### Data for processing
-- ===== src/IniReader/Assignments.antt =====
-- `tryParseKeyValue` of src/cIniReader.cpp accepts the assignments, and returns their parts.
use pquery.Prelude.{
  ℕ, suc, true, false, [], ◌∷◌, ◌++◌, ◌≡◌, ◌↔◌, refl, sym, ap, subst, ◌∙◌, Option, none, some,
  arith, inl, inr, ◌==◌, Bytes, length, All, Stops, between, between-append, drop_while-append,
  Passes, drop_while-Passes, length-append, append_assoc, is_space, Bool-cases,
}
use pquery.IniReader.Line.{
  is_key_char, skip_ws, key_end, word_end, value_loop, value_at, assigned, with_key, key_value_at,
  try_parse_key_value,
}
use pquery.IniReader.Syntax.{Space, IsWord, IsTail, IsValue, IsKey, KeyValueLine}
use pquery.IniReader.Words.{
  skip_ws-append, skip_ws-Passes, IsWord-Stops, IsTail-Stops, word_end-append, value_loop_complete,
}
use pquery.IniReader.Loop.{begins_with_word, value_loop_sound}

value_at_complete :
    (w tail trailing : Bytes)
    → IsWord w
    → IsTail tail
    → All Space trailing
    → value_at (w ++ (tail ++ trailing)) ≡ some (w ++ tail)
value_at_complete [] tail trailing h t k = absurd h
value_at_complete (c ∷ w) tail trailing h t k =
    rw (word_end-append (c ∷ w) (tail ++ trailing) h (IsTail-Stops trailing t k)) (
      value_loop_complete (suc (length (w ++ (tail ++ trailing)))) (c ∷ w) trailing t k
        (omega (arith, length-append w (tail ++ trailing))))

-- A value with white space behind it.
pub record Valued (s value : Bytes) : Type 0 where
  pub trailing : Bytes
  pub splits : s ≡ value ++ trailing
  pub is_value : IsValue value
  pub trailing_space : All Space trailing

value_at_sound :
    (c : ℕ) (s : Bytes) {value : Bytes}
    → is_space c ≡ false
    → value_at (c ∷ s) ≡ some value
    → Valued (c ∷ s) value
value_at_sound c s {value} h e =
    let w = begins_with_word c s h in
    let ve = word_end (c ∷ s) in
    let r =
      value_loop_sound (length (c ∷ s)) w.word ve
        (omega (arith, ap length w.splits, length-append w.word ve)) w.stops
        (ap (λ x. value_loop (length (c ∷ s)) x ve) (sym w.splits) ∙ e) in
    record {
      trailing = r.trailing;
      splits =
          w.splits
          ∙ ap (λ x. w.word ++ x) r.splits
          ∙ sym (append_assoc w.word r.tail r.trailing)
          ∙ ap (λ x. x ++ r.trailing) (sym r.value_is);
      is_value = record {
        word = w.word;
        tail = r.tail;
        splits = r.value_is;
        is_word = w.is_word;
        is_tail = r.is_tail;
      };
      trailing_space = r.trailing_space;
    }

key_end-append :
    (k rest : Bytes)
    → All (λ d. is_key_char d ≡ true) k
    → Stops is_key_char rest
    → key_end (k ++ rest) ≡ rest
unfolding key_end
key_end-append k rest h s = drop_while-append is_key_char k rest h s

-- What stands behind the key.
assigned_complete :
    (gap : Bytes) (w tail trailing : Bytes)
    → All Space gap
    → IsWord w
    → IsTail tail
    → All Space trailing
    → assigned (b'=' ∷ (gap ++ (w ++ (tail ++ trailing)))) ≡ some (w ++ tail)
assigned_complete gap w tail trailing h word t k =
    ap value_at (skip_ws-append gap (w ++ (tail ++ trailing)) h (IsWord-Stops w _ word))
    ∙ value_at_complete w tail trailing word t k

not_space : is_space b'=' ≡ false
unfolding is_space
not_space = refl

key_value_at_complete :
    (key before gap w tail trailing : Bytes)
    → IsKey key
    → All Space before
    → Stops is_key_char (before ++ b'=' ∷ (gap ++ (w ++ (tail ++ trailing))))
    → All Space gap
    → IsWord w
    → IsTail tail
    → All Space trailing
    → key_value_at (key ++ (before ++ b'=' ∷ (gap ++ (w ++ (tail ++ trailing)))))
      ≡ some (key, w ++ tail)
key_value_at_complete [] before gap w tail trailing k a s h word t l = absurd k
key_value_at_complete (c ∷ key) before gap w tail trailing k a s h word t l =
    let rest = b'=' ∷ (gap ++ (w ++ (tail ++ trailing))) in
    let ends : key_end (key ++ (before ++ rest)) ≡ before ++ rest =
      key_end-append key (before ++ rest) k.1 s in
    let skipped : skip_ws (before ++ rest) ≡ rest = skip_ws-append before rest a not_space in
    rw (
      ends,
      skipped,
      between-append (c ∷ key) (before ++ rest),
      assigned_complete gap w tail trailing h word t l,
    )

IsKey-Stops : (key rest : Bytes) → IsKey key → Stops is_space (key ++ rest)
IsKey-Stops [] rest h = absurd h
IsKey-Stops (c ∷ key) rest h = h.0

try_parse_key_value_complete :
    {line key value : Bytes}
    → KeyValueLine line key value
    → try_parse_key_value line ≡ some (key, value)
unfolding try_parse_key_value
try_parse_key_value_complete {line} {key} {value} l =
    let v = l.is_value in
    let words = v.word ++ (v.tail ++ l.trailing) in
    let words_are : value ++ l.trailing ≡ words =
      ap (λ x. x ++ l.trailing) v.splits ∙ append_assoc v.word v.tail l.trailing in
    let behind = l.gap_before ++ b'=' ∷ (l.gap_behind ++ words) in
    let ends : Stops is_key_char behind =
      subst (λ x. Stops is_key_char (l.gap_before ++ b'=' ∷ (l.gap_behind ++ x))) words_are
        l.key_ends in
    ap try_parse_key_value (
      l.splits
      ∙ ap (λ x. l.indent ++ (key ++ (l.gap_before ++ b'=' ∷ (l.gap_behind ++ x)))) words_are)
    ∙ ap key_value_at
        (skip_ws-append l.indent (key ++ behind) l.indent_space (IsKey-Stops key behind l.is_key))
    ∙ key_value_at_complete key l.gap_before l.gap_behind v.word v.tail l.trailing l.is_key
        l.before_space ends l.behind_space v.is_word v.is_tail l.trailing_space
    ∙ ap (λ x. some (key, x)) (sym v.splits)

with_key-eq-some :
    (k : Bytes) (o : Option Bytes) {key value : Bytes}
    → with_key k o ≡ some (key, value)
    → (k ≡ key) × (o ≡ some value)
with_key-eq-some k none e = absurd (cc)
with_key-eq-some k (some v) e = (cc, cc)

record Assigned (s value : Bytes) : Type 0 where
  gap : Bytes
  trailing : Bytes
  splits : s ≡ b'=' ∷ (gap ++ (value ++ trailing))
  gap_space : All Space gap
  is_value : IsValue value
  trailing_space : All Space trailing

value_found :
    (s t : Bytes) {value : Bytes}
    → Passes is_space s t
    → value_at t ≡ some value
    → Assigned (b'=' ∷ s) value
value_found s [] p e = absurd (cc)
value_found s (c ∷ t) p e =
    let v = value_at_sound c t p.stops e in
    record {
      gap = p.passed;
      trailing = v.trailing;
      splits = ap (◌∷◌ b'=') (p.splits ∙ ap (λ x. p.passed ++ x) v.splits);
      gap_space = p.holds;
      is_value = v.is_value;
      trailing_space = v.trailing_space;
    }

assigned_sound : (s : Bytes) {value : Bytes} → assigned s ≡ some value → Assigned s value
assigned_sound [] e = absurd (cc)
assigned_sound (c ∷ s) {value} e = elim (Bool-cases (c == b'=')) [
  | inl h ↦
      let is_eq : c ≡ b'=' = ground arith in
      let found : value_at (skip_ws s) ≡ some value = rw h at e in
      subst (λ x. Assigned (x ∷ s) value) (sym is_eq)
        (value_found s (skip_ws s) (skip_ws-Passes s) found)
  | inr h ↦ absurd (let x : none ≡ some value = rw h at e in cc)
]

key_end-Passes : (s : Bytes) → Passes is_key_char s (key_end s)
unfolding key_end
key_end-Passes s = drop_while-Passes is_key_char s

key_value_at_sound :
    (t indent : Bytes) {key value : Bytes}
    → Stops is_space t
    → All Space indent
    → key_value_at t ≡ some (key, value)
    → KeyValueLine (indent ++ t) key value
key_value_at_sound [] indent h i e = absurd (cc)
key_value_at_sound (c ∷ s) indent {key} {value} h i e =
    let k = key_end-Passes s in
    let (cut, found) =
      with_key-eq-some (between (c ∷ s) (key_end s)) (assigned (skip_ws (key_end s))) e in
    let b = skip_ws-Passes (key_end s) in
    let a = assigned_sound (skip_ws (key_end s)) found in
    let key_is : c ∷ k.passed ≡ key =
      sym (between-append (c ∷ k.passed) (key_end s))
      ∙ ap (λ x. between (c ∷ x) (key_end s)) (sym k.splits)
      ∙ cut in
    let behind : key_end s ≡ b.passed ++ b'=' ∷ (a.gap ++ (value ++ a.trailing)) =
      b.splits ∙ ap (λ x. b.passed ++ x) a.splits in
    record {
      indent = indent;
      gap_before = b.passed;
      gap_behind = a.gap;
      trailing = a.trailing;
      splits =
          ap (λ x. indent ++ c ∷ x) (k.splits ∙ ap (λ x. k.passed ++ x) behind)
          ∙ ap (λ x. indent ++ (x ++ (b.passed ++ b'=' ∷ (a.gap ++ (value ++ a.trailing))))) key_is;
      indent_space = i;
      is_key = subst IsKey key_is (h, k.holds);
      before_space = b.holds;
      key_ends = subst (Stops is_key_char) behind k.stops;
      behind_space = a.gap_space;
      is_value = a.is_value;
      trailing_space = a.trailing_space;
    }

try_parse_key_value_sound :
    {line key value : Bytes}
    → try_parse_key_value line ≡ some (key, value)
    → KeyValueLine line key value
unfolding try_parse_key_value
try_parse_key_value_sound {line} {key} {value} e =
    let p = skip_ws-Passes line in
    subst (λ x. KeyValueLine x key value) (sym p.splits)
      (key_value_at_sound (skip_ws line) p.passed p.stops p.holds e)

-- tryParseKeyValue accepts exactly the lines of the form key = value, with white space around the
-- parts and one white space between two words of the value, and returns that key and that value.
pub try_parse_key_value_iff :
    (line key value : Bytes)
    → (try_parse_key_value line ≡ some (key, value)) ↔ KeyValueLine line key value
try_parse_key_value_iff line key value = (try_parse_key_value_sound, try_parse_key_value_complete)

### Your assignment
Every line containing the word "where" should be copied from the material.

### Reply
pub record Valued (s value : Bytes) : Type 0 where
record Assigned (s value : Bytes) : Type 0 where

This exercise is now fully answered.